Papo de Rodas foi o blog que ela criou em 2015 no Instagram com o intuito de quebrar tabus e reduzir barreiras, onde passou a contar parte do seu dia a dia, ilustrando com fotos e vídeos suas aulas na academia. Com quase 1400 seguidores, o blog é um sucesso entre o seu público, em que também faz parte de uma campanha que apresenta uma série de atividades que visam conscientizar o crescimento pessoal e profissional de pessoas com deficiência.


Durante o isolamento social, Mafê começou a incrementar seu blog com lives, entrevistando pessoas que transmitam mensagens positivas, que proporcionem interações que levem os seguidores a pensarem a vida a partir de um ponto de vista diferente, que inspirem e motivem a busca pelo melhor que podem em todas as áreas da vida. Essa visibilidade proporcionada pela tecnologia e internet trouxe o primeiro convite para preparar uma palestra que abordasse o movimento da inclusão num escritório de advocacia.

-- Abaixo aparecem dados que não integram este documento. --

-- ===== src/LinkProxy/Ring.antt =====
-- The ring buffers of 722device/network/tls_net_proxy.c as bounded lists.
use native.Mathlib.Decide.{dec_le}
use ai_coding_for_business.Common.{
  put, ℕ, zero, suc, ◌+◌, ◌-◌, ◌%◌, ◌≤◌, ◌<◌, ◌≡◌, ◌≢◌, put-same, sym, subst, ◌⊎◌, inl, inr, refl,
  ap, ap₂, arith, true, false, none, some, List, [], ◌∷◌, ◌++◌, length,
}
use ai_coding_for_business.LinkProxy.{
  Node, PrioQueue, queue_size, append_node, prio_queue_push, prio_queue_pop,
}

-- `c` nodes from index `h` on, around the end of the array.
abbrev elements : (ℕ → Node) → ℕ → ℕ → List Node
elements nodes h zero = []
elements nodes h (suc c) = nodes h ∷ elements nodes ((h + 1) % queue_size) c

abbrev pub contents : PrioQueue → List Node
contents q = elements q.nodes q.head q.count

-- The counters of a ring in use.
pub record WellFormed (q : PrioQueue) : Type 0 where
  pub head : q.head < queue_size
  pub count : q.count ≤ queue_size
  pub tail : q.tail ≡ (q.head + q.count) % queue_size

pub length-contents : (nodes : ℕ → Node) (h c : ℕ) → length (elements nodes h c) ≡ c
length-contents nodes h zero = refl
length-contents nodes h (suc c) = ap suc (length-contents nodes ((h + 1) % queue_size) c)

-- A store behind the last node is the last node then.
elements-put :
    (nodes : ℕ → Node) (n : Node) (h c : ℕ)
    → h < queue_size
    → c < queue_size
    → elements (put nodes ((h + c) % queue_size) n) h (suc c) ≡ elements nodes h c ++ n ∷ []
elements-put nodes n h zero lo hi =
    let at : (h + 0) % 256 ≡ h = omega arith in
    subst (λ k. put nodes k n h ∷ [] ≡ n ∷ []) (sym at) (ap (λ x. x ∷ []) (put-same nodes h n))
elements-put nodes n h (suc c) lo hi =
    let next = (h + 1) % 256 in
    let at : (next + c) % 256 ≡ (h + suc c) % 256 = omega arith in
    let apart : (h + suc c) % 256 ≢ h = omega arith in
    let first : put nodes ((h + suc c) % 256) n h ≡ nodes h = ground (arith, apart) in
    let rest : elements (put nodes ((h + suc c) % 256) n) next (suc c)
        ≡ elements nodes next c ++ n ∷ [] =
      subst (λ k. elements (put nodes k n) next (suc c) ≡ elements nodes next c ++ n ∷ []) at
        (elements-put nodes n next c (omega arith) (omega arith)) in
    ap₂ (λ x xs. x ∷ xs) first rest

module _ (q : PrioQueue) (w : WellFormed q) where
  pub append-WellFormed : (n : Node) → q.count < queue_size → WellFormed (append_node q n)
  append-WellFormed n room = record {
    head = w.head;
    count = omega arith;
    tail = omega (arith, w.tail);
  }

  pub contents-append :
      (n : Node) → q.count < queue_size → contents (append_node q n) ≡ contents q ++ n ∷ []
  contents-append n room =
      let more : q.count + 1 ≡ suc q.count = omega arith in
      subst (λ k. elements (put q.nodes k n) q.head (q.count + 1) ≡ contents q ++ n ∷ [])
        (sym w.tail)
        (subst
          (λ c. elements (put q.nodes ((q.head + q.count) % 256) n) q.head c ≡ contents q ++ n ∷ [])
          (sym more) (elements-put q.nodes n q.head q.count w.head room))

  pub push-room : (n : Node) → q.count < queue_size → prio_queue_push q n ≡ (true, append_node q n)
  unfolding prio_queue_push
  push-room n room = ground arith

  -- A push puts the node behind the others and reports true, or the ring holds 256 nodes and stays as it is,
  -- and the push reports false.
  pub push-refines :
      (n : Node)
      → ((q.count < queue_size)
          × (prio_queue_push q n ≡ (true, append_node q n))
          × (contents (append_node q n) ≡ contents q ++ n ∷ [])
          × WellFormed (append_node q n))
        ⊎ ((length (contents q) ≡ queue_size) × (prio_queue_push q n ≡ (false, q)))
  unfolding prio_queue_push
  push-refines n = elim (dec_le queue_size q.count) [
    | yes full ↦ inr (omega (arith, length-contents q.nodes q.head q.count, w.count), ground arith)
    | no room ↦ inl (
      omega arith,
      ground arith,
      contents-append n (omega arith),
      append-WellFormed n (omega arith),
    )
  ]

  -- A pop takes the first node, or the ring is empty and stays as it is.
  pub pop-refines :
      ((contents q ≡ []) × (prio_queue_pop q ≡ (none, q)))
      ⊎ ((n : Node) × (q' : PrioQueue) × (prio_queue_pop q ≡ (some n, q'))
          × (contents q ≡ n ∷ contents q')
          × WellFormed q')
  unfolding prio_queue_pop
  pop-refines = elim (dec_le q.count 0) [
    | yes none_left ↦
        let zero_count : 0 ≡ q.count = omega arith in
        inl (subst (λ c. elements q.nodes q.head c ≡ []) zero_count refl, ground arith)
    | no some_left ↦
        let one_more : suc (q.count - 1) ≡ q.count = omega arith in
        let after = record q { head = (q.head + 1) % queue_size; count = q.count - 1 } in
        inr (
          q.nodes q.head,
          after,
          ground arith,
          subst (λ c. elements q.nodes q.head c ≡ q.nodes q.head ∷ contents after) one_more refl,
          record {
            head = omega (arith, w.head);
            count = omega (arith, w.count);
            tail = omega (arith, w.tail, w.head);
          },
        )
  ]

Confira abaixo trechos da entrevista com a Mafê, em que ela disse sobre a importância de quebrar barreiras através do Papo em Rodas:

Os projetos futuros de Mafe já incluem palestras e prometem ser sucesso como todas as atividades em que ela se lança com impressionante determinação.


 

A evolução da tecnologia vem revelando a cada momento da história, uma profunda interação entre os incentivos e as oportunidades que favorecem o surgimento das inovações nessa área. Pode-se indicar a existência de três aspectos principais que determinam a adoção e divulgação de uma inovação: a necessidade social, os recursos sociais e um ambiente social favorável, junto as condições socioculturais do grupo humano no qual elas ocorrem.

Tomemos o grupo humano de pessoas com deficiência intelectual ou física e seus responsáveis no Brasil. Em 2010, ano do último censo demográfico, o percentual era de aproximadamente 6% da população de 200 milhões. A importância da acessibilidade aos recursos e instrumentos que colaboram com a funcionalidade da pessoa com deficiência transforma a vida desse contingente impressionante de pessoas e transforma também a sociedade.

A comunicação que nos conecta com pessoas, grupos e até máquinas ao redor do planeta já evoluiu muito e continuará nessa trilha, ninguém duvida, mas a acessibilidade deve caminhar paralelamente, para que esse grupo com determinadas especificidades tome parte dessa evolução.

As redes sociais tem um importante papel no sentido de promover a visibilidade e a interação entre as pessoas e são fonte permanente de informação na sociedade moderna, além das mídias. No entanto, já é possível observar iniciativas para que esse ambiente digital se transforme, principalmente, em um espaço de inclusão.

O movimento Web Para Todos, por exemplo, busca mobilizar, desde 2017, a população e as suas organizações para a causa da acessibilidade digital, porque como podemos encontrar em sua página, “sites acessíveis tornam a web mais funcional e fácil, além de trazer benefícios para todas as pessoas”. No Instagram, então, diante de um público diverso, muitos influenciadores estão aderindo aos stories legendados e às descrições auditivas de fotos ou por meio da #pratodosverem. São iniciativas que inspiram, porque diante de ferramentas que são utilizadas por um massivo público que não depende de adaptações, esquecemos de refletir, muitas vezes, se esses conteúdos podem ser consumidos por todos em suas respectivas necessidades.

Impõe-se a continuação da pesquisa científica que pode levar a dispositivos novos, incentivos por parte dos governos, enfim todas as iniciativas que podem tornar as tecnologias que favorecem a comunicação e a locomoção mais acessíveis. Só assim reduziremos os números que indicam pessoas à margem dos fenômenos, das mudanças, das oportunidades e das facilidades que a tecnologia traz em larga escala. É mais uma tentativa válida para criar um mundo mais solidário, com cultura, na acepção mais ampla da palavra e mais humano.